Hardware
GPU
Also known as: Graphics Processing Unit, Graphics Card, Video Card
A processor with thousands of small cores optimized for parallel computation. Originally designed for graphics, GPUs now drive AI inference and training, and any workload requiring massive parallel processing.
GPUs were designed to render video frames — transforming millions of pixels using the same geometric operations simultaneously. That parallel architecture turned out to be exactly what AI needs: performing the same mathematical operation (matrix multiplication) across billions of numbers at once.
The result is that NVIDIA became the defining hardware company of the AI era. Training a frontier model requires thousands of high-end GPUs running for weeks. Running a model for inference (generating responses) is less intensive but still GPU-heavy at scale.
GPU vs CPU
A CPU has a small number of powerful cores (typically 4-64) optimized for complex, sequential tasks — running an OS, executing varied application logic, handling I/O. A GPU has thousands of simpler cores optimized for doing one thing across massive data in parallel. They're complementary: CPUs handle general workloads; GPUs accelerate specific parallel workloads.
For AI specifically
For local AI inference — running models on your own hardware rather than through a cloud API — GPU memory (VRAM) is the primary constraint. A 7B-parameter model requires ~14GB of VRAM in fp16 format. A 70B model needs ~140GB. Consumer GPUs with 16-24GB can run capable open-source models. Workstation GPUs with 48GB (like the NVIDIA RTX 6000 Ada) handle larger models.

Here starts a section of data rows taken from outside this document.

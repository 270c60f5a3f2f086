-- ===== src/Watcher/Debounce.antt =====
-- src/watcher/debounce.go: a burst of file events becomes one trigger. Times are nanoseconds; `now`
-- is the clock at a call. The timer may call `onElapsed` at any time, since a call can be late.
use process_compose.Common.{
  ℕ, String, Bool, true, false, List, [], ◌∷◌, ◌++◌, Option, none, some, if◌then◌else◌, ◌+◌, ltb,
  leb, ◌==◌, ◌||◌,
}

-- `trigger`.
pub record Trigger : Type 0 where
  pub proc : String
  pub path : String
  pub at : ℕ
  pub count : ℕ

-- `debouncer`; `timer` is when the timer is due, if it is not nil.
pub record Debouncer : Type 0 where
  pub name : String
  pub delay : ℕ
  pub timer : Option ℕ
  pub last_event : ℕ
  pub last_path : String
  pub count : ℕ
  pub stopped : Bool

-- `types.DefaultWatchDebounce`, 300 milliseconds.
abbrev pub default_debounce : ℕ
default_debounce = 300000000

unfoldable pub new_debouncer : String → ℕ → Debouncer
new_debouncer name delay = record {
  name = name;
  delay = if leb delay 0 then default_debounce else delay;
  timer = none;
  last_event = 0;
  last_path = "";
  count = 0;
  stopped = false;
}

-- Both ways to arm the timer make it due `delay` from now.
unfoldable pub notify : (path : String) (at now : ℕ) → Debouncer → Debouncer
notify path at now d = if d.stopped then d else record d {
  last_event = at;
  last_path = path;
  count = d.count + 1;
  timer = some (now + d.delay);
}

-- What `onElapsed` calls `fire` on, if anything. The result is `none` where it would call a method of
-- a timer that is nil.
unfoldable pub on_elapsed : (now : ℕ) → Debouncer → Option (Debouncer × Option Trigger)
on_elapsed now d =
    if d.stopped || d.count == 0
    then some (record d { timer = none }, none)
    else if ltb now (d.last_event + d.delay)
    then elim d.timer [
      | none ↦ none
      | some _ ↦ some (record d { timer = some (d.last_event + d.delay) }, none)
    ]
    else some (
      record d { count = 0; last_path = ""; timer = none },
      some (record { proc = d.name; path = d.last_path; at = d.last_event; count = d.count }),
    )

unfoldable pub stop : Debouncer → Debouncer
stop d = record d { stopped = true; timer = none; count = 0; last_path = "" }

-- What happens to a debouncer, in the order in which its lock is taken.
pub data Call : Type 0 where
  notified : (path : String) (at now : ℕ) → Call
  elapsed : (now : ℕ) → Call
  stopped : Call

unfoldable pub call : Call → Debouncer → Option (Debouncer × Option Trigger)
unfolding notify on_elapsed stop
call (notified path at now) d = some (notify path at now d, none)
call (elapsed now) d = on_elapsed now d
call stopped d = some (stop d, none)

abbrev pub fire : ℕ → Option Trigger → List (ℕ × Trigger) → List (ℕ × Trigger)
fire now none ts = ts
fire now (some t) ts = ts ++ (now, t) ∷ []

abbrev pub time_of : Call → ℕ
time_of (notified path at now) = now
time_of (elapsed now) = now
time_of stopped = 0

-- A run, and the triggers that were fired, each with the time of its call.
unfoldable pub calls :
    List Call → Debouncer → List (ℕ × Trigger) → Option (Debouncer × List (ℕ × Trigger))
unfolding call
calls [] d ts = some (d, ts)
calls (c ∷ cs) d ts = elim (call c d) [
  | none ↦ none
  | some (d', t) ↦ calls cs d' (fire (time_of c) t ts)
]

For organizations evaluating on-premise AI deployment, the practical question is: what model size do you need, and does the VRAM requirement fit a financially reasonable GPU? See the Understanding AI article for a deeper treatment of local inference hardware.
Integrated vs discrete
Integrated GPUs are built into the CPU — adequate for office work and basic display output, inadequate for AI inference or serious graphics workloads. Discrete GPUs are separate add-in cards with their own dedicated VRAM and are required for any meaningful GPU-accelerated workload.